Figure 8 shows the number of users in a different proportion of the tweets posted from other spots rather than the protest spots. Apart from the users who do not tweet at the event spots before the protest, there are also some users who only post tweets from the event spots before the protests (those users whose proportion of off-site tweets is 0 in Figure 8). These users can be seen as the people working there (e.g., McDonald’s shop). They complain and tweet when they are working and also participate in the protests held at their work places. Such users are the directly event-related people, which can be identified before the protest. In contrast, those users who do not tweet on the protest spots at all before the protest but suddenly participate the protest can be seen as latently event-related people, they cannot be directly observed before the event.

3.5. Discussion

Although only the 1% of tweets are used to test the model, the experiment shows that the proposed approach can detect the individuals associated with the “Fight for $15” crowd at 81% accuracy. The performance of the model would be increased along with more data being involved. The three relevant topics are inferred from this 1% of data, which may tell us that this small data sample is suitable for such large-scale crowds and collective activities research. Regarding the spatial clusters selection—using all clusters or selected clusters. Nevertheless, the geospatial patterns shown in Table 3 look different, and the values of a:b for these two groups of clusters are close. It can prove our assumption that some protests are also held at the spots where the selected clusters are located. The reason that these clusters show very low volume of tweets is most likely due to small data samples used in this case study.
The idea of detecting the crowd is to find the individuals who have similar psychological features. Individuals’ attributes representing their “thoughts” are used to model the psychological features. The individuals would take the same action, participating in protests in our case study, regardless of where they are located.
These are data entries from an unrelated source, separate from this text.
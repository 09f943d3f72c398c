-- ===== src/Engine/Schedule/Mirror.antt =====
-- The row of the publications table mirrors the target's.
use influence_platform.Prelude.{ℕ, zero, suc, ◌≡◌, ◌⊎◌, List, [], ◌∷◌, Option, none, some, arith}
use influence_platform.Js.Text.{Text}
use influence_platform.Engine.Target.{
  Target, claim, mark_published, record_published, schedule_retry, mark_failed, recover_stale,
}
use influence_platform.Engine.Command.{
  Stage, adapting, syncing, failure_syncing, Reply, answers, adapter, throws, AdapterReply, Shared,
  triage, adapted, proceed, resume,
}
use influence_platform.Engine.Schedule.{
  World, Event, takes, resumes, crashes, recovers_stale, resume_at, crash, crash_at, step, run,
  take_message,
}
use influence_platform.Engine.Publication.{PublicationRow, mirrored, sync_publication}

-- What a mirroring row has of the row that is written; an older post's id may stay.
abbrev essence : Option PublicationRow → Option (Text × Option Text × Option Text × ℕ × ℕ)
essence none = none
essence (some r) = some (r.status, r.failure_type, r.error_message, r.retry_count, r.max_retries)

-- There is no row, or it says what is to be written for the target.
abbrev pub IsMirrored : Shared → Type 0
IsMirrored s = (s.publication ≡ none) ⊎ (essence s.publication ≡ essence (mirrored s.target))

sync_publication-IsMirrored :
    (t : Target) (p : Option PublicationRow)
    → ((p ≡ none) ⊎ (essence p ≡ essence (mirrored t)))
    → (sync_publication t p ≡ none) ⊎ (essence (sync_publication t p) ≡ essence (mirrored t))
unfolding sync_publication
sync_publication-IsMirrored t p ok = ground (arith, ok)

proceed-IsMirrored : (st : Stage) (s : Shared) → IsMirrored s → IsMirrored (proceed st s).1
unfolding proceed triage claim mark_published record_published schedule_retry mark_failed mirrored
proceed-IsMirrored (syncing e) s ok = sync_publication-IsMirrored s.target s.publication ok
proceed-IsMirrored (failure_syncing f) s ok = sync_publication-IsMirrored s.target s.publication ok
proceed-IsMirrored st s ok = ground (arith, ok)

adapted-IsMirrored : (a : AdapterReply) (s : Shared) → IsMirrored s → IsMirrored (adapted a s).1
unfolding adapted
adapted-IsMirrored a s ok = ground (arith, ok)

resume-IsMirrored :
    (st : Stage) (r : Reply) (s : Shared) → IsMirrored s → IsMirrored (resume st r s).1
unfolding resume
resume-IsMirrored st answers s ok = proceed-IsMirrored st s ok
resume-IsMirrored adapting (adapter a) s ok = adapted-IsMirrored a s ok
resume-IsMirrored st (adapter a) s ok = ok
resume-IsMirrored st (throws m) s ok = ok

resume_at-IsMirrored :
    (i : ℕ) (r : Reply) (hs : List Stage) (s : Shared)
    → IsMirrored s
    → IsMirrored (resume_at i r hs s).1
unfolding resume_at
resume_at-IsMirrored i r [] s ok = ok
resume_at-IsMirrored zero r (h ∷ hs) s ok = resume-IsMirrored h r s ok
resume_at-IsMirrored (suc i) r (h ∷ hs) s ok = resume_at-IsMirrored i r hs s ok

crash_at-IsMirrored :
    (i : ℕ) (hs : List Stage) (s : Shared) → IsMirrored s → IsMirrored (crash_at i hs s).1
unfolding crash_at crash
crash_at-IsMirrored i [] s ok = ok
crash_at-IsMirrored zero (h ∷ hs) s ok = ground (arith, ok)
crash_at-IsMirrored (suc i) (h ∷ hs) s ok = crash_at-IsMirrored i hs s ok

step-IsMirrored : (e : Event) (w : World) → IsMirrored w.shared → IsMirrored (step e w).shared
unfolding step take_message recover_stale mirrored
step-IsMirrored (takes p) w ok = ground (arith, ok)
step-IsMirrored (resumes i r) w ok = resume_at-IsMirrored i r w.handlers w.shared ok
step-IsMirrored (crashes i) w ok = crash_at-IsMirrored i w.handlers w.shared ok
step-IsMirrored recovers_stale w ok = ground (arith, ok)
step-IsMirrored e w ok = ok

-- Under every schedule, whatever throws or crashes, the publications table has no row for a target, or
-- one with the status, the kind of failure, the error and the retries that the target's row gives,
-- which is final; where it held before.
pub run-IsMirrored :
    (es : List Event) (w : World) → IsMirrored w.shared → IsMirrored (run es w).shared
unfolding run
run-IsMirrored [] w ok = ok
run-IsMirrored (e ∷ es) w ok = run-IsMirrored es (step e w) (step-IsMirrored e w ok)
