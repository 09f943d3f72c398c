-- ===== src/Engine/Schedule/Waiting.antt =====
-- That a pending target keeps a message that will lead a worker to it.
use influence_platform.Prelude.{
  ℕ, zero, suc, ◌+◌, ◌≤◌, ◌≡◌, refl, Bool, true, false, ◌&&◌, List, [], ◌∷◌, Option, none, some,
  arith, every,
}
use influence_platform.Js.Text.{Text}
use influence_platform.Engine.Target.{
  TargetStatus, pending, claim, mark_published, record_published, schedule_retry, mark_failed,
}
use influence_platform.Engine.Command.{
  Stage, received, claiming, adapting, requeueing, retry_pushing, broken, catching, Reply, answers,
  adapter, throws, AdapterReply, Shared, triage, start_failure, adapted, ended, proceed, resume,
}
use influence_platform.Engine.Schedule.Once.{is_answer}
use influence_platform.Engine.Schedule.{
  World, Event, enqueues, takes, resumes, crashes, requeues_processing, recovers_stale,
  repairs_intent, siblings_become, resume_at, step, run, start, take_message, is_uuid,
}

-- A statement answers, no row goes stale, no process ends, and a message is one for the target.
abbrev pub is_smooth : Event → Bool
is_smooth (resumes i (throws m)) = false
is_smooth (crashes i) = false
is_smooth recovers_stale = false
is_smooth (takes none) = false
is_smooth (takes (some (intent_id, target_id))) = is_uuid target_id && is_uuid intent_id
is_smooth _ = true

-- A handler that will read the row while it is pending, or push a message.
abbrev waits : Stage → ℕ
waits received = 1
waits claiming = 1
waits requeueing = 1
waits retry_pushing = 1
waits broken = 1
waits (catching m) = 1
waits _ = 0

abbrev pub waiters : List Stage → ℕ
waiters [] = 0
waiters (h ∷ hs) = waits h + waiters hs

-- One while the row is pending.
abbrev pub owed : TargetStatus → ℕ
owed pending = 1
owed _ = 0

-- With a number of other handlers that wait, a row that is pending has a message or a handler.
abbrev Led : ℕ → Stage × Shared → Type 0
Led n (st, s) = owed s.target.status ≤ s.commands + waits st + n

proceed-Led : (n : ℕ) (st : Stage) (s : Shared) → Led n (st, s) → Led n (proceed st s)
unfolding proceed triage claim mark_published record_published schedule_retry mark_failed ended
    start_failure
proceed-Led n st s ok = ground (arith, ok)

adapted-Led : (n : ℕ) (a : AdapterReply) (s : Shared) → Led n (adapting, s) → Led n (adapted a s)
unfolding adapted start_failure
adapted-Led n a s ok = ground (arith, ok)

resume-Led :
    (n : ℕ) (st : Stage) (r : Reply) (s : Shared)
    → is_answer r ≡ true
    → Led n (st, s)
    → Led n (resume st r s)
unfolding resume
resume-Led n st answers s calm ok = proceed-Led n st s ok
resume-Led n adapting (adapter a) s calm ok = adapted-Led n a s ok
resume-Led n st (adapter a) s calm ok = ok
resume-Led n st (throws m) s calm ok = ground (arith, calm)

abbrev AllLed : ℕ → List Stage × Shared → Type 0
AllLed n (hs, s) = owed s.target.status ≤ s.commands + waiters hs + n

resume_at-AllLed :
    (n i : ℕ) (r : Reply) (hs : List Stage) (s : Shared)
    → is_answer r ≡ true
    → AllLed n (hs, s)
    → AllLed n (resume_at i r hs s)
unfolding resume_at
resume_at-AllLed n i r [] s calm ok = ok
resume_at-AllLed n zero r (h ∷ hs) s calm ok =
    omega (arith, resume-Led (waiters hs + n) h r s calm (omega (arith, ok)))
resume_at-AllLed n (suc i) r (h ∷ hs) s calm ok =
    omega (arith, resume_at-AllLed (waits h + n) i r hs s calm (omega (arith, ok)))

-- A pending row has a message in the queue, or a handler that will read the row or push a message.
abbrev pub IsLed : World → Type 0
IsLed w = owed w.shared.target.status ≤ w.shared.commands + waiters w.handlers

take_message-IsLed :
    (p : Option (Text × Text)) (n : ℕ) (w : World)
    → is_smooth (takes p) ≡ true
    → n ≡ w.shared.commands
    → IsLed w
    → IsLed (take_message p n w)
unfolding take_message start
take_message-IsLed p zero w calm left ok = ok
take_message-IsLed p (suc n) w calm left ok = ground (arith, calm, left, ok)

resumes-IsLed :
    (i : ℕ) (r : Reply) (w : World) → is_answer r ≡ true → IsLed w → IsLed (step (resumes i r) w)
unfolding step
resumes-IsLed i r w calm ok =
    omega (arith, resume_at-AllLed 0 i r w.handlers w.shared calm (omega (arith, ok)))

step-IsLed : (e : Event) (w : World) → is_smooth e ≡ true → IsLed w → IsLed (step e w)
unfolding step
step-IsLed enqueues w calm ok = omega (arith, ok)
step-IsLed (takes p) w calm ok = take_message-IsLed p w.shared.commands w calm refl ok
step-IsLed (resumes i answers) w calm ok = resumes-IsLed i answers w refl ok
step-IsLed (resumes i (adapter a)) w calm ok = resumes-IsLed i (adapter a) w refl ok
step-IsLed (resumes i (throws m)) w calm ok = ground (arith, calm)
step-IsLed (crashes i) w calm ok = ground (arith, calm)
step-IsLed requeues_processing w calm ok = omega (arith, ok)
step-IsLed recovers_stale w calm ok = ground (arith, calm)
step-IsLed repairs_intent w calm ok = ok
step-IsLed (siblings_become l) w calm ok = ok

-- Under every schedule in which no statement throws, no row goes stale, no process ends and only
-- messages for the target are taken: if the row, where it is pending, has a message in the queue or a
-- handler that will read the row or push a message, then so it does after the schedule.
pub run-IsLed :
    (es : List Event) (w : World) → every is_smooth es ≡ true → IsLed w → IsLed (run es w)
unfolding run
run-IsLed [] w calm ok = ok
run-IsLed (e ∷ es) w calm ok =
    run-IsLed es (step e w) (ground (arith, calm)) (step-IsLed e w (ground (arith, calm)) ok)
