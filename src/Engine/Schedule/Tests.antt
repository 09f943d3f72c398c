-- ===== src/Engine/Schedule/Tests.antt =====
-- The theorems on schedules at work, and the schedules that lose a message or post twice.
use influence_platform.Prelude.{
  ℕ, ◌+◌, ◌≤◌, ◌≡◌, refl, inl, arith, List, [], ◌∷◌, ◌++◌, Option, none, some,
}
use influence_platform.Js.Text.{Text, codes, trim}
use influence_platform.Engine.Target.{
  TargetStatus, pending, publishing, published, Target, Post, claim, schedule_retry, recover_stale,
}
use influence_platform.Engine.Command.{
  answers, adapter, throws, posted, proceed, triage, adapted, thrown, resume, start_failure,
}
use influence_platform.Engine.Schedule.{
  World, Event, takes, resumes, recovers_stale, run, step, is_uuid, resume_at, start, take_message,
}
use influence_platform.Engine.Schedule.Once.{run-once}
use influence_platform.Engine.Schedule.Attempts.{run-calls_bound}
use influence_platform.Engine.Schedule.Final.{run_final}
use influence_platform.Engine.Schedule.Mirror.{run-IsMirrored, IsMirrored}
use influence_platform.Engine.Schedule.Waiting.{run-IsLed, IsLed}

abbrev target_in : TargetStatus → Target
target_in status = record {
  status = status;
  retry_count = 0;
  max_retries = 3;
  external_post_id = none;
  external_post_url = none;
  publish_stage = none;
  provider_container_id = none;
  last_error = none;
}

abbrev world_in : TargetStatus → ℕ → World
world_in status messages = record {
  shared = record {
    target = target_in status;
    commands = messages;
    processing = 0;
    dead = 0;
    calls = 0;
    exposures = 0;
    publication = none;
    intent = record { status = codes "queued"; error_message = none };
    siblings = [];
  };
  handlers = [];
  recoveries = 0;
}

abbrev payload : Option (Text × Text)
payload =
    some
      (codes "6f1c2f4e-52a3-4c43-9a52-0d2f6b7c8d9e", codes "0b0e7a52-1111-4222-8333-444455556666")

abbrev the_post : Post
the_post = record {
  external_post_id = codes "178";
  external_post_url = codes "https://www.instagram.com/p/178/";
  container_id = some (codes "17");
  stage = some (codes "published");
}

-- A message is taken and its handler goes on up to the adapter.
abbrev up_to_adapter : List Event
up_to_adapter = takes payload ∷ resumes 0 answers ∷ resumes 0 answers ∷ resumes 0 answers ∷ []

-- Two messages for the target: the second handler ends while the first waits for the adapter.
abbrev two_handlers : List Event
two_handlers =
    up_to_adapter
    ++ takes payload
      ∷ resumes 0 answers
      ∷ resumes 0 answers
      ∷ resumes 1 (adapter (posted the_post))
      ∷ resumes 1 answers
      ∷ resumes 1 answers
      ∷ []

run-once_example : (run two_handlers (world_in pending 2)).shared.exposures ≤ 1
run-once_example = run-once two_handlers (world_in pending 2) refl refl refl

run-calls_bound_example :
    (run (two_handlers ++ resumes 1 (throws (codes "down")) ∷ []) (world_in pending 2)).shared.calls
    ≤ 4
      + (run
          (two_handlers ++ resumes 1 (throws (codes "down")) ∷ [])
          (world_in pending 2)).recoveries
run-calls_bound_example =
    run-calls_bound (two_handlers ++ resumes 1 (throws (codes "down")) ∷ []) (world_in pending 2)
      refl refl refl (omega arith)

run_final_example : (run two_handlers (world_in published 2)).shared.target ≡ target_in published
run_final_example = run_final two_handlers (world_in published 2) refl

run-IsMirrored_example : IsMirrored (run two_handlers (world_in pending 2)).shared
run-IsMirrored_example = run-IsMirrored two_handlers (world_in pending 2) (inl refl)

run-IsLed_example : IsLed (run two_handlers (world_in pending 2))
unfolding is_uuid trim
run-IsLed_example = run-IsLed two_handlers (world_in pending 2) refl (omega arith)

-- A post that is made while its row cannot be written is made again: the exception leads to a retry.
posted_twice :
    (run
      (up_to_adapter
        ++ resumes 0 (adapter (posted the_post))
          ∷ resumes 0 (throws (codes "down"))
          ∷ resumes 0 answers
          ∷ resumes 0 answers
          ∷ resumes 0 answers
          ∷ up_to_adapter
        ++ resumes 0 (adapter (posted the_post)) ∷ [])
      (world_in pending 1)).shared.exposures
    ≡ 2
unfolding run step take_message start is_uuid trim resume_at resume proceed triage claim adapted
    thrown start_failure schedule_retry
posted_twice = refl

-- A stale row is made pending, and no message is left that leads a worker to it.
stranded :
    ((run
        (takes payload ∷ resumes 0 answers ∷ resumes 0 answers ∷ recovers_stale ∷ [])
        (world_in publishing 1)).shared.commands
      ≡ 0)
    × ((run
          (takes payload ∷ resumes 0 answers ∷ resumes 0 answers ∷ recovers_stale ∷ [])
          (world_in publishing 1)).shared.target.status
        ≡ pending)
unfolding run step take_message start is_uuid trim resume_at resume proceed triage recover_stale
stranded = (refl, refl)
Such action may cause a big event, which is likely to create violence later on. Unfortunately, some of those latent individuals cannot be sensed until they take the action. The approach developed in this study uses a computational way to enable those latent individuals to be surfaced to a certain extent, which lays a foundation to some applications, such as social events prediction, human activity prediction, monitoring violent offenders, and emergency response.
However, there are still some limitations in this research: (1) we only consider what people tweet to model the individuals’ attributes due to data accessibility—other social media data during the event period were unfortunately not collected, and a more comprehensive model should be developed if other types of data are involved. For example, image topic analytics has to be developed if relevant image data collected from both social media (e.g., Flickr) and/or news report are involved, and an upgraded model that is capable of dealing with the information derived from the images needs to be designed to depict the psychological feature; (2) the two thresholds of DBSCAN are assigned based on the geographical characteristics of the study area, and they may be different for other study areas. Moreover, other than DBSCAN, other clustering algorithms can be used; (3) indeed, not everyone posts relevant content before or during the event, which means that those individuals who are not able to be observed online cannot be revealed by any means. On the other hand, there is a part of users who post on social media from time to time but share their “thoughts” infrequently, which may limit the detecting accuracy.

4. Conclusions

People distributed at different locations in urban environments can be driven to gather at certain places by certain events, which may result in both positive and negative effects on urban systems and the society. Thus, it is necessary to detect the involved crowd in order to analyze the possible influence. This paper presents an approach to model the crowd based on the concept of psychological crowd. Topic modeling was used to infer the individuals’ attributes representing the psychological feature of the crowd. Then, the similarity of the attribute between individuals was computed to measure the mental unity of the crowd. Eventually, a psychological crowd was shaped by the individuals showing similar mental unity.
The approach was tested for a national event—“Fight for $15” protest–occurring in the USA in April, 2015. Twitter data was used as a proxy of the event. The experiment shows that our approach was able to successfully detect 81% of individuals in the crowd, where not only the observed users before the event were detected but also those unobserved users were also uncovered by analyzing their geospatial patterns. The proposed approach can effectively represent the psychological feature and measure the mental unity of the crowd, which can be implemented for uncovering human activity patterns from motivation level.
We believe the capability of the detection of the latent social event users may benefit a set of urban management, ranging from policy making to emergency response, and provide a new tool for the field of psychology to study the psychological behavior of large-scale crowds and for the GIS scientists and social scientists to better understand the collective human behavior before and during the occurrence of big social events. In the future, a broader range of datasets will be coupled to improve the detecting accuracy and a more comprehensive model will be developed to draw the psychological features.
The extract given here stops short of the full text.